When the billions of bacteria that grow together combine, the nanowires join together to form conductive biofilms that can transfer electrons over considerable distances, opening up the possibility of developing self-healing, organic electrical conductors for use in biocomputers. Furthermore, this direct transmission is favored by a huge stacking of cytochromes, specialized proteins that facilitate the transfer.

These bacteria are anaerobic and in their natural habitat they use metals to breathe and obtain energy. In the same way that they are capable of transferring electrons to many metals, they are also capable of transferring them to electrodes and thus constitute a microbial fuel cell. There are two main types, those that use isolated cultures in controlled devices in the laboratory (Figure 2) and those of sediment, that use the organic matter of aquatic beds (marine and freshwater) to produce electricity.

Figure 3. Schematic of a sedimentary fuel cell.
Manuel Peinado

Mine, based on Geobacter, is simple (Figure 3). In microbial fuel cells, contact of the anode with the anaerobic sediment (surrounded by a biofilm of exoelectrogenic bacteria) is required, while the cathode is exposed on the surface, usually saturated or with high oxygen concentration.

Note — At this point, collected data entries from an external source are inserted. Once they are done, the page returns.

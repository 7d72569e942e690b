-- ===== src/Examples/Administration.antt =====
-- Requests to the admin listener, and the log of a build that is followed.
use open_functions.Prelude.{
  ℕ, zero, suc, ◌<◌, ◌++◌, Bytes, codes, true, false, Option, none, some, List, [], ◌∷◌, ◌≡◌, refl,
  lookup, list_Eq, ℕ_Eq, if◌then◌else◌, arith,
}
use open_functions.Model.{running, succeeded}
use open_functions.Forward.{first_text}
use open_functions.Server.Admin.{
  AdminState, Surface, deletes, gets, stops, v1, unauthorized, deleting,
}
use open_functions.Server.Admin.Deleted.{IsUnknown, deletes-IsUnknown}
use open_functions.Server.Admin.Handlers.{serve_v1, serve_admin}
use open_functions.Server.Admin.Guarded.{is_exactly, serve_admin-token}
use open_functions.Server.Admin.Follow.{Rounds, is_running, follow}
use open_functions.Server.Admin.Follow.Whole.{Completes, IsDone, log_at, concat, follow-whole}
use open_functions.Examples.Headers.{Pairs, header_lists, values_of}
use open_functions.Examples.Fixtures.{outside, service, greeter, deployed}

abbrev pub surface : Surface outside
surface = record {
  debug = λ s. s;
  show_validation_error = λ e. [];
  show_pubsub_error = λ e. [];
  read_to_string = λ s path. none;
  read_error = codes "no such file";
  record_to_vec = some;
  render = [];
}

abbrev state : AdminState
state = record {
  token = some (codes "secret");
  metrics_enabled = true;
  metrics_require_token = false;
  ready = true;
  invoke_base_url = codes "http://127.0.0.1:8080";
  host_suffix = none;
}

abbrev headers : Pairs
headers = (codes "authorization", codes "Bearer guess") ∷ []

serve_admin-token_example :
    serve_admin outside service surface header_lists state headers
      (v1 (deletes (codes "greeter")))
      deployed
    ≡ (if is_exactly
          (first_text header_lists (codes "authorization") headers)
          (codes "Bearer " ++ codes "secret")
        then serve_v1 outside service surface state (deletes (codes "greeter")) deployed
        else (deployed, unauthorized))
serve_admin-token_example =
    serve_admin-token outside service surface header_lists state (codes "secret") headers
      (deletes (codes "greeter")) deployed refl

wrong_token :
    is_exactly
      (first_text header_lists (codes "authorization") headers)
      (codes "Bearer " ++ codes "secret")
    ≡ false
unfolding values_of
wrong_token = refl

deletes-IsUnknown_example :
    let after = serve_v1 outside service surface state (deletes (codes "greeter")) deployed in
    (after.1 ≡ deleting)
    × IsUnknown outside service surface state (gets (codes "greeter")) (codes "greeter") after.0
    × IsUnknown outside service surface state (deletes (codes "greeter")) (codes "greeter") after.0
    × IsUnknown outside service surface state (stops (codes "greeter")) (codes "greeter") after.0
unfolding lookup
deletes-IsUnknown_example = deletes-IsUnknown outside service surface state greeter deployed refl

-- The build ends while the first round waits: that round has read a part of the log, and then finds
-- the record done.
abbrev contents : ℕ → Option Bytes
contents zero = some (codes "a")
contents (suc k) = some (codes "ab")

abbrev rounds : Rounds
rounds = record { contents = contents; status = λ k. some succeeded }

rounds-Completes : Completes rounds 0 (codes "ab")
unfolding is_running
rounds-Completes = record {
  grows = grows;
  complete = complete;
  done = λ k m. (succeeded, refl, refl);
}
  where
    grows : (k : ℕ) → (more : Bytes) × (log_at rounds (suc k) ≡ log_at rounds k ++ more)
    grows zero = (codes "b", refl)
    grows (suc k) = ([], refl)

    complete : (i k : ℕ) → i < k → IsDone rounds i → log_at rounds k ≡ codes "ab"
    complete i zero m d = absurd (omega (arith, m))
    complete i (suc k) m d = refl

follow-whole_example :
    (chunks : List Bytes) × (last : ℕ) × (follow rounds 4 0 0 running ≡ some (chunks, last))
    × (concat chunks ≡ codes "ab")
unfolding is_running
follow-whole_example =
    follow-whole rounds 0 (codes "ab") rounds-Completes running (λ e. absurd (ground arith))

A graphite electrode inserted into the bottom sediment collects the electrons generated by the electrobacteria by breaking down both the dead organic matter deposited in the sediment, as well as the organic acid-rich exudates emitted by the roots of aquatic plants. The electrical circuit started at the anode is closed by the other electrode, the cathode, located on the surface of the water, so that the electrons, oxygen and hydrogen combine to give water.

The degradation of organic materials produces, in addition to C0₂, protons (H +). These cross the medium to the second electrode, while the electrons travel through the external circuit. When oxygen is reduced at the cathode, the end result of the fish tank transformed into an electricity-generating device is that, taking the electrons from the external circuit and the protons formed at the anode, water is formed.

To improve its performance, in my fish tank the cathode is located in a floating bed that houses a consortium of bacteria that capture electrons more efficiently and quickly than oxygen in the water.

Betty Jennings and Frances Bilas managing the ENIAC main control panel.
Wikimedia Commons / ARL Technical Library

Currently, the applications of these devices are limited due to the low power output. The most practical currently used by the United States Navy weighs 16 kilograms and produces the power equivalent to 16 conventional 1.5 V batteries per year. But let’s not forget that when the first computer, the ENIAC, was presented to the public in 1946, it was a monster weighing 27,000 kilos, occupying 167 m² and consuming 160,000 W, which was achieved at the cost of causing frequent blackouts in Philadelphia, where it was located.

And all to not get even a millionth of the performance capacity that the device that I connect to my fish tank offers me today. Matter of time.